- Problem requirements
All of the data below should be copied exactly as it stands.

- Information shown
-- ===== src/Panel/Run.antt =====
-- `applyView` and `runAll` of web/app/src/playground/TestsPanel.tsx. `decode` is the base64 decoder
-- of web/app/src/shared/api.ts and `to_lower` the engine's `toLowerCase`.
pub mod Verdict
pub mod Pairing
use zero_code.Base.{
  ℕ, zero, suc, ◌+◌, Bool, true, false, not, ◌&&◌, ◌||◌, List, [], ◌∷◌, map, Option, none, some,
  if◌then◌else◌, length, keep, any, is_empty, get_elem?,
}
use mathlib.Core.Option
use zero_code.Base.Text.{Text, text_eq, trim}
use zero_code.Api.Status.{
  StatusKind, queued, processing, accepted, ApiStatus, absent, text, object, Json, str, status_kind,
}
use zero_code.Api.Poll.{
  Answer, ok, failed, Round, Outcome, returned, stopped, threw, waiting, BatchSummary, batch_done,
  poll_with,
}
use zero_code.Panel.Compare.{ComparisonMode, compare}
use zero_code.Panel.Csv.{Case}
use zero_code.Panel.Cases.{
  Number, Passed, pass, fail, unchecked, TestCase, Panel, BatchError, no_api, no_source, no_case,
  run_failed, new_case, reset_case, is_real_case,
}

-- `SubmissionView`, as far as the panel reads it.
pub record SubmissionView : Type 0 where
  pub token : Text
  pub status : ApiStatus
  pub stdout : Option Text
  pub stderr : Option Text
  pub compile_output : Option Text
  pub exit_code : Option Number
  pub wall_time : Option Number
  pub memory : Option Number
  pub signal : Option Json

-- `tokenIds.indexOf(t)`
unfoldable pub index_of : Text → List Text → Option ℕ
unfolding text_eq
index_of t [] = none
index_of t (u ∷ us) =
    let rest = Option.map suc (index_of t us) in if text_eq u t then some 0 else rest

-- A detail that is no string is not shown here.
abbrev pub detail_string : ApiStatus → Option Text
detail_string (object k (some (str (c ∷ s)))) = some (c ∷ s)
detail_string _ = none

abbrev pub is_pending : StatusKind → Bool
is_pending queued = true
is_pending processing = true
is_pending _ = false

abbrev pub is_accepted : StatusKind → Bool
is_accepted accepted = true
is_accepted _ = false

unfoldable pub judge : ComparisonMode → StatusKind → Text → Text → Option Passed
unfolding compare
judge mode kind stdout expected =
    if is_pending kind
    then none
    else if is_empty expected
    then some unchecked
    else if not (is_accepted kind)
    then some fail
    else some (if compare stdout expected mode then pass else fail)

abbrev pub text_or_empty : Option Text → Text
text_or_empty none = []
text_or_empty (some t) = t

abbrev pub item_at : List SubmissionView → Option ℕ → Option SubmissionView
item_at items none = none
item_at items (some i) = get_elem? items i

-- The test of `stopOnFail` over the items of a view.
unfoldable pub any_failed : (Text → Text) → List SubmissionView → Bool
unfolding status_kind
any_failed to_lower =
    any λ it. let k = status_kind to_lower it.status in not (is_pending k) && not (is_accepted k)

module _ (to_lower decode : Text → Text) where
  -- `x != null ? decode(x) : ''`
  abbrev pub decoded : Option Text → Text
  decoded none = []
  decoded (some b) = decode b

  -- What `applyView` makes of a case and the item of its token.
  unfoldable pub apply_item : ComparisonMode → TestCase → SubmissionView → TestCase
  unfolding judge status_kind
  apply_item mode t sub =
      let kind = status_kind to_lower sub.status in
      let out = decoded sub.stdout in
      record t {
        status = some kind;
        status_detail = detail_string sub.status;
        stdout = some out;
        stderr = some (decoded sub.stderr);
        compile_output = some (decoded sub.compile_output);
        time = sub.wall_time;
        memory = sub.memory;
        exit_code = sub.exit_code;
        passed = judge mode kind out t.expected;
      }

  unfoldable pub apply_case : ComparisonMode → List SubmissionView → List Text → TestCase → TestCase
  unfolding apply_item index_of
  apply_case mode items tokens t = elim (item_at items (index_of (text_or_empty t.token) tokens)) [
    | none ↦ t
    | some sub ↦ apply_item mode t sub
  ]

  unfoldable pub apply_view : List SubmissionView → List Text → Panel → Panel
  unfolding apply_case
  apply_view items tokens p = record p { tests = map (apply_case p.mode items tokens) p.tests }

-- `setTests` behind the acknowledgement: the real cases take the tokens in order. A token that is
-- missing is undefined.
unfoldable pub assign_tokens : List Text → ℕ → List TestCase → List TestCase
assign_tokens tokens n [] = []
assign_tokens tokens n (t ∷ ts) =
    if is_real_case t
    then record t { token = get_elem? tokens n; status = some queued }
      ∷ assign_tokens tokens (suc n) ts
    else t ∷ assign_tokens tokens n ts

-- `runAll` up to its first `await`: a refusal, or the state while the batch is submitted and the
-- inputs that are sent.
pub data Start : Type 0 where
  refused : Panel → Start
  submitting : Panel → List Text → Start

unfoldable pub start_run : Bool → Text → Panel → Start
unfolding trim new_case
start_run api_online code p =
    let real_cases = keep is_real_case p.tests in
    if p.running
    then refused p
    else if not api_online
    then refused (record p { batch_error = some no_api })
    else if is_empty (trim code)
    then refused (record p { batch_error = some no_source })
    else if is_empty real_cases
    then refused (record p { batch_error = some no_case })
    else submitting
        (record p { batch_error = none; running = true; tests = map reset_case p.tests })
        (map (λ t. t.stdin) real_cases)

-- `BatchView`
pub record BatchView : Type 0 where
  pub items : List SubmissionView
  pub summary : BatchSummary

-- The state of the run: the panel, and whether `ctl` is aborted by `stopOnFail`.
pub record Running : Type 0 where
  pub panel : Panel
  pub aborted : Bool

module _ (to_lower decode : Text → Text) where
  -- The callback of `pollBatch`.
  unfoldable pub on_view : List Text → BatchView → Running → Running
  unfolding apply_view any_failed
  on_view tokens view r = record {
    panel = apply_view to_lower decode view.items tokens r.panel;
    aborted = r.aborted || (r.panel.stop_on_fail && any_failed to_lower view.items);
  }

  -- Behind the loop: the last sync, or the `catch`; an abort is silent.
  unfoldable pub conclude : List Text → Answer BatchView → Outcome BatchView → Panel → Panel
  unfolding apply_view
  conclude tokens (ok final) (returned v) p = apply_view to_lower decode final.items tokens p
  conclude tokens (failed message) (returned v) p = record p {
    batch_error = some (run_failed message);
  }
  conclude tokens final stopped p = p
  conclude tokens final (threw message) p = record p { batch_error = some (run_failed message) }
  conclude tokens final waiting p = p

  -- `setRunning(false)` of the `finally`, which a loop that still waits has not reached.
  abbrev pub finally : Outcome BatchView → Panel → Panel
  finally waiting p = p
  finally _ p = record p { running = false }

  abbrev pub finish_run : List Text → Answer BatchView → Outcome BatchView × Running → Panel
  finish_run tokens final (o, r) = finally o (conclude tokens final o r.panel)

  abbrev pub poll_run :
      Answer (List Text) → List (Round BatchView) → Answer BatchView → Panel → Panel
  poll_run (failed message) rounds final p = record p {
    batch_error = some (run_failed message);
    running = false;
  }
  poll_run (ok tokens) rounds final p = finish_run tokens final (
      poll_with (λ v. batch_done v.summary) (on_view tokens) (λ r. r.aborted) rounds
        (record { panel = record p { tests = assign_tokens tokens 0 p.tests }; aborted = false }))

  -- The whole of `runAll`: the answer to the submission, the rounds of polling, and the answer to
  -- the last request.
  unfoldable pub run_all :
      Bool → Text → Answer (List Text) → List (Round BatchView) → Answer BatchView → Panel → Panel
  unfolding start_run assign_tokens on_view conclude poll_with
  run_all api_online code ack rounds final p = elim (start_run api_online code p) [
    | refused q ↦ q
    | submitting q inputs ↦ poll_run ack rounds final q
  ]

- Solution
-- ===== src/Panel/Run.antt =====
-- `applyView` and `runAll` of web/app/src/playground/TestsPanel.tsx. `decode` is the base64 decoder
-- of web/app/src/shared/api.ts and `to_lower` the engine's `toLowerCase`.
pub mod Verdict
pub mod Pairing
use zero_code.Base.{
  ℕ, zero, suc, ◌+◌, Bool, true, false, not, ◌&&◌, ◌||◌, List, [], ◌∷◌, map, Option, none, some,
  if◌then◌else◌, length, keep, any, is_empty, get_elem?,
}
use mathlib.Core.Option
use zero_code.Base.Text.{Text, text_eq, trim}
use zero_code.Api.Status.{
  StatusKind, queued, processing, accepted, ApiStatus, absent, text, object, Json, str, status_kind,
}
use zero_code.Api.Poll.{
  Answer, ok, failed, Round, Outcome, returned, stopped, threw, waiting, BatchSummary, batch_done,
  poll_with,
}
use zero_code.Panel.Compare.{ComparisonMode, compare}
use zero_code.Panel.Csv.{Case}
use zero_code.Panel.Cases.{
  Number, Passed, pass, fail, unchecked, TestCase, Panel, BatchError, no_api, no_source, no_case,
  run_failed, new_case, reset_case, is_real_case,
}

-- `SubmissionView`, as far as the panel reads it.
pub record SubmissionView : Type 0 where
  pub token : Text
  pub status : ApiStatus
  pub stdout : Option Text
  pub stderr : Option Text
  pub compile_output : Option Text
  pub exit_code : Option Number
  pub wall_time : Option Number
  pub memory : Option Number
  pub signal : Option Json

-- `tokenIds.indexOf(t)`
unfoldable pub index_of : Text → List Text → Option ℕ
unfolding text_eq
index_of t [] = none
index_of t (u ∷ us) =
    let rest = Option.map suc (index_of t us) in if text_eq u t then some 0 else rest

-- A detail that is no string is not shown here.
abbrev pub detail_string : ApiStatus → Option Text
detail_string (object k (some (str (c ∷ s)))) = some (c ∷ s)
detail_string _ = none

abbrev pub is_pending : StatusKind → Bool
is_pending queued = true
is_pending processing = true
is_pending _ = false

abbrev pub is_accepted : StatusKind → Bool
is_accepted accepted = true
is_accepted _ = false

unfoldable pub judge : ComparisonMode → StatusKind → Text → Text → Option Passed
unfolding compare
judge mode kind stdout expected =
    if is_pending kind
    then none
    else if is_empty expected
    then some unchecked
    else if not (is_accepted kind)
    then some fail
    else some (if compare stdout expected mode then pass else fail)

abbrev pub text_or_empty : Option Text → Text
text_or_empty none = []
text_or_empty (some t) = t

abbrev pub item_at : List SubmissionView → Option ℕ → Option SubmissionView
item_at items none = none
item_at items (some i) = get_elem? items i

-- The test of `stopOnFail` over the items of a view.
unfoldable pub any_failed : (Text → Text) → List SubmissionView → Bool
unfolding status_kind
any_failed to_lower =
    any λ it. let k = status_kind to_lower it.status in not (is_pending k) && not (is_accepted k)

module _ (to_lower decode : Text → Text) where
  -- `x != null ? decode(x) : ''`
  abbrev pub decoded : Option Text → Text
  decoded none = []
  decoded (some b) = decode b

  -- What `applyView` makes of a case and the item of its token.
  unfoldable pub apply_item : ComparisonMode → TestCase → SubmissionView → TestCase
  unfolding judge status_kind
  apply_item mode t sub =
      let kind = status_kind to_lower sub.status in
      let out = decoded sub.stdout in
      record t {
        status = some kind;
        status_detail = detail_string sub.status;
        stdout = some out;
        stderr = some (decoded sub.stderr);
        compile_output = some (decoded sub.compile_output);
        time = sub.wall_time;
        memory = sub.memory;
        exit_code = sub.exit_code;
        passed = judge mode kind out t.expected;
      }

  unfoldable pub apply_case : ComparisonMode → List SubmissionView → List Text → TestCase → TestCase
  unfolding apply_item index_of
  apply_case mode items tokens t = elim (item_at items (index_of (text_or_empty t.token) tokens)) [
    | none ↦ t
    | some sub ↦ apply_item mode t sub
  ]

  unfoldable pub apply_view : List SubmissionView → List Text → Panel → Panel
  unfolding apply_case
  apply_view items tokens p = record p { tests = map (apply_case p.mode items tokens) p.tests }

-- `setTests` behind the acknowledgement: the real cases take the tokens in order. A token that is
-- missing is undefined.
unfoldable pub assign_tokens : List Text → ℕ → List TestCase → List TestCase
assign_tokens tokens n [] = []
assign_tokens tokens n (t ∷ ts) =
    if is_real_case t
    then record t { token = get_elem? tokens n; status = some queued }
      ∷ assign_tokens tokens (suc n) ts
    else t ∷ assign_tokens tokens n ts

-- `runAll` up to its first `await`: a refusal, or the state while the batch is submitted and the
-- inputs that are sent.
pub data Start : Type 0 where
  refused : Panel → Start
  submitting : Panel → List Text → Start

unfoldable pub start_run : Bool → Text → Panel → Start
unfolding trim new_case
start_run api_online code p =
    let real_cases = keep is_real_case p.tests in
    if p.running
    then refused p
    else if not api_online
    then refused (record p { batch_error = some no_api })
    else if is_empty (trim code)
    then refused (record p { batch_error = some no_source })
    else if is_empty real_cases
    then refused (record p { batch_error = some no_case })
    else submitting
        (record p { batch_error = none; running = true; tests = map reset_case p.tests })
        (map (λ t. t.stdin) real_cases)

-- `BatchView`
pub record BatchView : Type 0 where
  pub items : List SubmissionView
  pub summary : BatchSummary

-- The state of the run: the panel, and whether `ctl` is aborted by `stopOnFail`.
pub record Running : Type 0 where
  pub panel : Panel
  pub aborted : Bool

module _ (to_lower decode : Text → Text) where
  -- The callback of `pollBatch`.
  unfoldable pub on_view : List Text → BatchView → Running → Running
  unfolding apply_view any_failed
  on_view tokens view r = record {
    panel = apply_view to_lower decode view.items tokens r.panel;
    aborted = r.aborted || (r.panel.stop_on_fail && any_failed to_lower view.items);
  }

  -- Behind the loop: the last sync, or the `catch`; an abort is silent.
  unfoldable pub conclude : List Text → Answer BatchView → Outcome BatchView → Panel → Panel
  unfolding apply_view
  conclude tokens (ok final) (returned v) p = apply_view to_lower decode final.items tokens p
  conclude tokens (failed message) (returned v) p = record p {
    batch_error = some (run_failed message);
  }
  conclude tokens final stopped p = p
  conclude tokens final (threw message) p = record p { batch_error = some (run_failed message) }
  conclude tokens final waiting p = p

  -- `setRunning(false)` of the `finally`, which a loop that still waits has not reached.
  abbrev pub finally : Outcome BatchView → Panel → Panel
  finally waiting p = p
  finally _ p = record p { running = false }

  abbrev pub finish_run : List Text → Answer BatchView → Outcome BatchView × Running → Panel
  finish_run tokens final (o, r) = finally o (conclude tokens final o r.panel)

  abbrev pub poll_run :
      Answer (List Text) → List (Round BatchView) → Answer BatchView → Panel → Panel
  poll_run (failed message) rounds final p = record p {
    batch_error = some (run_failed message);
    running = false;
  }
  poll_run (ok tokens) rounds final p = finish_run tokens final (
      poll_with (λ v. batch_done v.summary) (on_view tokens) (λ r. r.aborted) rounds
        (record { panel = record p { tests = assign_tokens tokens 0 p.tests }; aborted = false }))

  -- The whole of `runAll`: the answer to the submission, the rounds of polling, and the answer to
  -- the last request.
  unfoldable pub run_all :
      Bool → Text → Answer (List Text) → List (Round BatchView) → Answer BatchView → Panel → Panel
  unfolding start_run assign_tokens on_view conclude poll_with
  run_all api_online code ack rounds final p = elim (start_run api_online code p) [
    | refused q ↦ q
    | submitting q inputs ↦ poll_run ack rounds final q
  ]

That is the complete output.